Elmalar ve dostluklar hakkında

Dil Seçin

Turkish

Down Icon

Ülke Seçin

Spain

Down Icon

Elmalar ve dostluklar hakkında

Elmalar ve dostluklar hakkında

Günün Salı gününe, yani 13'üne denk gelmesi benim için önemli değil, ama itiraf ediyorum ki en azından üç batıl inancım var: Ölsem bile merdiven altından geçmem, hiçbir zaman başka bir müşteriden tuzluk getirmesini istemem ve Rusya'da geçirdiğim yıllar bana bir eve girerken veya çıkarken kapının sövesinin altından kimseyle el sıkışmama alışkanlığı kazandırdı. Kırık aynalara gelince, Rodoreda'nın romanı beni büyüledi. Ancak yazmaya gelince pek fazla huyum yok: Masaya oturup, rüzgarın esişine veya zamanın müsaitliğine göre elimden geleni yapıyorum.

Mürekkep loncasında yazıhane ritüelleri eksik olmaz. Son haftalarda edebiyatın ahlaki (veya ahlaki olmayan) sınırları konusunda adı sıkça anılan Truman Capote, sarı güllerin varlığından veya aynı kül tablasında üçten fazla sigara izmaritinin birikmesinden nefret ederdi. Tartışmasız Soğukkanlılıkla adlı eserin yazarı hiçbir zaman Cuma günü hiçbir projeye girişmemiş veya onu tamamlamamış ve rakamları toplandığında sonucu uğursuz görünen bir telefon numarasını çevirmeyi reddetmiştir. Bu, onun varoluşsal kaygıyı, başarısızlık korkusunu, unutulmaya yüz tutmayı çağrıştırma yoluydu.
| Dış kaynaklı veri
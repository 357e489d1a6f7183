-- ===== src/Wallet/Payments.antt =====
-- What the ledger says that was paid for one kind of reason.
use azeroth_core_web.Base.{
  ℕ, ◌≡◌, ◌≤◌, sym, inl, inr, Bool-cases, count_if, count_if-append_one, refl, ap, Bool, true, List,
  [], ◌∷◌, ◌++◌, map, if◌then◌else◌, arith,
}
use azeroth_core_web.Base.Int.{ℤ}
use azeroth_core_web.Tables.{Reason, LedgerEntry}

-- To whom, and how much.
abbrev pub payments : (Reason → Bool) → List LedgerEntry → List (ℕ × ℤ)
payments p [] = []
payments p (e ∷ ledger) =
    let rest = payments p ledger in if p e.reason then (e.target, e.amount) ∷ rest else rest

pub payments-append :
    (p : Reason → Bool) (e : LedgerEntry) (ledger : List LedgerEntry)
    → p e.reason ≡ true
    → payments p (ledger ++ e ∷ []) ≡ payments p ledger ++ (e.target, e.amount) ∷ []
payments-append p e [] h = ground (arith, h)
payments-append p e (x ∷ ledger) h = ground (arith, payments-append p e ledger h)

pub map-append_one :
    {A B : Type 0} (f : A → B) (x : A) (xs : List A) → map f (xs ++ x ∷ []) ≡ map f xs ++ f x ∷ []
map-append_one f x [] = refl
map-append_one f x (y ∷ xs) = ap (λ t. f y ∷ t) (map-append_one f x xs)

-- No two rows have the same key.
abbrev pub NoTwice : {K A : Type 0} → (K → A → Bool) → List A → Type 0
NoTwice {K} test rows = (k : K) → count_if (test k) rows ≤ 1

-- A row whose key is new keeps the keys apart.
pub NoTwice-append :
    {K A : Type 0} (test : K → A → Bool) (key : K) (x : A) (rows : List A)
    → ((k : K) → test k x ≡ true → k ≡ key)
    → count_if (test key) rows ≡ 0
    → NoTwice test rows
    → NoTwice test (rows ++ x ∷ [])
NoTwice-append test key x rows own fresh h k = elim (Bool-cases (test k x)) [
  | inl same ↦
      let none_before = rw (sym (own k same)) at fresh in
      ground (arith, none_before, same, count_if-append_one (test k) x rows)
  | inr other ↦ ground (arith, h k, other, count_if-append_one (test k) x rows)
]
Perdeli Natürmort (1895), Cézanne

Kamu malı

Biz insanlar, kaosun içinde bir anlam bulma, onları destekleyecek bir mantık olmasa bile deneyimler arasında bağlantılar arama ihtiyacını paylaşırız. Jestleri, sözcükleri, küçük ritüelleri tekrarlıyoruz, sanki bu şekilde belirsizliği kontrol edebilirmişiz gibi.
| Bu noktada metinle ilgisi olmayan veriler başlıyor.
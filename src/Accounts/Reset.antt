-- ===== src/Accounts/Reset.antt =====
-- internal/web/recovery.go and email_verification.go: a lost password, a reset that staff require, and
-- the confirmation of an address. The mail server is an argument where its answer is waited for.
use azeroth_core_web.Base.{
  ℕ, ◌+◌, ◌&&◌, ◌||◌, not, Bool, false, Option, none, some, [], ◌∷◌, ◌++◌, Text, text_eq, ◌==◌, ltb,
  if◌then◌else◌, length, find_if, count_if, update_if, delete_if, trim_space, contains_any, codes,
  to_upper,
}
use azeroth_core_web.Http.{Problem, problem, or_problem}
use azeroth_core_web.Db.{
  Exec, exec, update, query, query_or, transaction, attempt, stop_if, pure, lift, ◌>>=◌, ◌>>◌,
}
use azeroth_core_web.Accounts.{
  Accounts, Credential, Crypto, PasswordReset, ForcedReset, EmailVerification,
}
use azeroth_core_web.Accounts.Srp.{validate, registration}
use azeroth_core_web.Accounts.Recovery.{hex_encode}
use azeroth_core_web.Accounts.Password.{
  with_id, set_verifier, end_sessions, owned_session, or_invalid,
}

-- `DELETE FROM portal_password_resets WHERE account_id=? OR expires_at<NOW()`
abbrev pub drop_stale : ℕ → ℕ → Accounts → Accounts
drop_stale account now s = record s {
  resets =
      delete_if (λ (x : PasswordReset). (x.account == account) || ltb x.expires_at now) s.resets;
}

-- `INSERT INTO portal_password_resets`: the hash of the token is the primary key.
unfoldable pub insert_reset : Text → ℕ → ℕ → Accounts → Option (Unit {0} × Accounts)
insert_reset hash account expires s =
    if ltb 0 (count_if (λ (x : PasswordReset). text_eq x.token_hash hash) s.resets)
    then none
    else some (
      tt,
      record s {
        resets =
            s.resets ++ record { token_hash = hash; account = account; expires_at = expires } ∷ [];
      },
    )

unfoldable pub request_body : Crypto → ℕ → ℕ → Text → Exec Accounts Problem Unit
request_body lib now account token = do
  attempt (drop_stale account now)
  exec (problem 500 "Could not create reset request")
      (insert_reset (lib.sha256 token) account (now + 3600))

abbrev pub has_email : Text → Credential → Bool
has_email email a = text_eq a.email email && not a.locked

-- The reset of a known address: the token that is mailed. An unknown one gets the same answer.
unfoldable pub send_reset :
    Crypto → ℕ → Option Text → Option Credential → Exec Accounts Problem (Option Text)
send_reset lib now random none = pure none
send_reset lib now random (some a) = do
  raw ← lift (or_problem random (problem 500 "Could not create reset request"))
  transaction (problem 503 "Database unavailable") (problem 500 "Could not create reset request")
      (request_body lib now a.id (hex_encode raw))
  pure (some (hex_encode raw))

-- `passwordResetRequest`: a failed query reads as an unknown address.
unfoldable pub password_reset_request :
    Crypto → Bool → ℕ → Text → Option Text → Exec Accounts Problem (Option Text)
password_reset_request lib mail_configured now email random = do
  stop_if (not mail_configured) (problem 503 "Password recovery is not configured")
  found ← query_or none (λ s. find_if (has_email (to_upper (trim_space email))) s.credentials)
  send_reset lib now random found

abbrev pub is_reset : Text → ℕ → PasswordReset → Bool
is_reset hash now x = text_eq x.token_hash hash && ltb now x.expires_at

-- The account that a token resets, as long as it has not expired.
unfoldable pub reset_account : Text → ℕ → Accounts → Option Credential
reset_account hash now s = elim (find_if (is_reset hash now) s.resets) [
  | none ↦ none
  | some x ↦ find_if (with_id x.account) s.credentials
]

abbrev pub drop_resets : ℕ → Accounts → Accounts
drop_resets account s = record s {
  resets = delete_if (λ (x : PasswordReset). x.account == account) s.resets;
}

abbrev pub drop_forced : ℕ → Accounts → Accounts
drop_forced account s = record s {
  forced = delete_if (λ (x : ForcedReset). x.account == account) s.forced;
}

unfoldable pub confirm_body : Crypto → ℕ → Text → Text → Option Text → Exec Accounts Problem Unit
confirm_body lib now hash password random = do
  a ← query (problem 422 "Invalid or expired reset link") (reset_account hash now)
  lift (or_invalid (validate a.username password))
  salt ← lift (or_problem random (problem 500 "Could not secure password"))
  update (problem 500 "Could not reset password") (λ _. tt {0})
      (set_verifier a.id (registration lib a.username password salt))
  update (problem 500 "Could not reset password") (λ _. tt {0}) (end_sessions a.id)
  update (problem 500 "Could not reset password") (λ _. tt {0}) (drop_resets a.id)
  update (problem 500 "Could not reset password") (λ _. tt {0}) (drop_forced a.id)

-- A token is the 64 digits of 32 bytes.
abbrev pub is_token : Option Text → Bool
is_token none = false
is_token (some raw) = length raw == 32

-- `passwordResetConfirm`
unfoldable pub password_reset_confirm :
    Crypto → ℕ → Text → Text → Option Text → Exec Accounts Problem Unit
password_reset_confirm lib now token password random = do
  stop_if (not (is_token (lib.hex_decode token))) (problem 422 "Invalid or expired reset link")
  transaction (problem 503 "Database unavailable") (problem 500 "Could not reset password")
      (confirm_body lib now (lib.sha256 token) password random)

-- `INSERT INTO portal_forced_password_resets ... ON DUPLICATE KEY UPDATE`
unfoldable pub force_reset : ℕ → ℕ → Text → Accounts → Accounts
force_reset account actor reason s = record s {
  forced =
      if ltb 0 (count_if (λ (x : ForcedReset). x.account == account) s.forced)
      then update_if (λ (x : ForcedReset). x.account == account)
          (λ x. record x { actor = actor; reason = reason }) s.forced
      else s.forced ++ record { account = account; actor = actor; reason = reason } ∷ [];
}

-- The transaction of `adminRequirePasswordReset`: the mail is sent before it is committed. The number
-- of sessions that ended.
unfoldable pub require_body :
    Crypto → ℕ → ℕ → Credential → Text → Text → Bool → Exec Accounts Problem ℕ
require_body lib now actor a reason token mailed = do
  attempt (drop_stale a.id now)
  exec (problem 500 "Could not require password reset")
      (insert_reset (lib.sha256 token) a.id (now + 3600))
  update (problem 500 "Could not require password reset") (λ _. tt {0})
      (force_reset a.id actor reason)
  revoked ←
      update (problem 500 "Could not require password reset")
        (λ s. count_if (owned_session a.id) s.sessions) (end_sessions a.id)
  update (problem 500 "Could not require password reset") (λ _. tt {0})
      (λ s. record s {
        audits =
            s.audits
            ++ record {
              actor = actor;
              action = codes "account.password-reset.require";
              target = a.username;
            }
              ∷ [];
      })
  stop_if (not mailed)
      (problem 502 "Could not deliver the password reset email; the account was not changed")
  pure revoked

abbrev pub bad_reason : Text → Bool
bad_reason reason =
    ltb (length reason) 3 || ltb 255 (length reason) || contains_any reason (13 ∷ 10 ∷ [])

-- `adminRequirePasswordReset`; `mailed` is the mail server's answer
unfoldable pub admin_require_password_reset :
    Crypto → Bool → ℕ → Option ℕ → Option ℕ → Text → Option Text → Bool → Exec Accounts Problem ℕ
admin_require_password_reset lib mail_configured now caller path_id reason random mailed = do
  actor ← lift (or_problem caller (problem 403 "Administrator access required"))
  stop_if (not mail_configured) (problem 503 "Configure SMTP before requiring a password reset")
  id ← lift (or_problem path_id (problem 400 "Invalid account"))
  stop_if (id == 0) (problem 400 "Invalid account")
  stop_if (bad_reason (trim_space reason))
      (problem 422 "Reason must be 3–255 characters without line breaks")
  a ← query (problem 404 "Account not found") (λ s. find_if (with_id id) s.credentials)
  raw ← lift (or_problem random (problem 500 "Could not create reset request"))
  transaction (problem 503 "Database unavailable") (problem 500 "Could not require password reset")
      (require_body lib now actor a (trim_space reason) (hex_encode raw) mailed)

abbrev pub is_verification : Text → ℕ → EmailVerification → Bool
is_verification hash now x = text_eq x.token_hash hash && ltb now x.expires_at

-- The new address, or the activation of the account.
abbrev pub verified : EmailVerification → Accounts → Accounts
verified x s = record s {
  credentials =
      update_if (with_id x.account)
        (λ a.
          if text_eq x.pending_email []
          then record a { locked = false }
          else record a { email = x.pending_email })
        s.credentials;
}

abbrev pub drop_verifications : ℕ → Accounts → Accounts
drop_verifications account s = record s {
  verifications = delete_if (λ (x : EmailVerification). x.account == account) s.verifications;
}

unfoldable pub verification_body : ℕ → Text → Exec Accounts Problem Text
verification_body now hash = do
  x ←
      query (problem 422 "Invalid or expired verification link")
        (λ s. find_if (is_verification hash now) s.verifications)
  update (problem 500 "Could not verify account") (λ _. tt {0}) (verified x)
  update (problem 500 "Could not verify account") (λ _. tt {0}) (drop_verifications x.account)
  pure x.pending_email

-- `emailVerificationConfirm`: the address that was confirmed, none for an activation
unfoldable pub email_verification_confirm : Crypto → ℕ → Text → Exec Accounts Problem Text
email_verification_confirm lib now token = do
  stop_if (not (is_token (lib.hex_decode token)))
      (problem 422 "Invalid or expired verification link")
  transaction (problem 503 "Database unavailable") (problem 500 "Could not verify account")
      (verification_body now (lib.sha256 token))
İnsanlar kaosun içinde anlam bulma ihtiyacını paylaşırlar.

Tuhaf alışkanlıklarına gelince, bir diğeri de takıntılı romantik şair Schiller'dir. Arkadaşı Goethe, bodrum çekmecelerinden birinde bir yığın çürük elma sakladığını, etilen gazıyla oluşan çürüme kokusunun yaratıcılığını canlandırdığına inandığını, çürümenin bir ilham kaynağı olduğunu söyledi.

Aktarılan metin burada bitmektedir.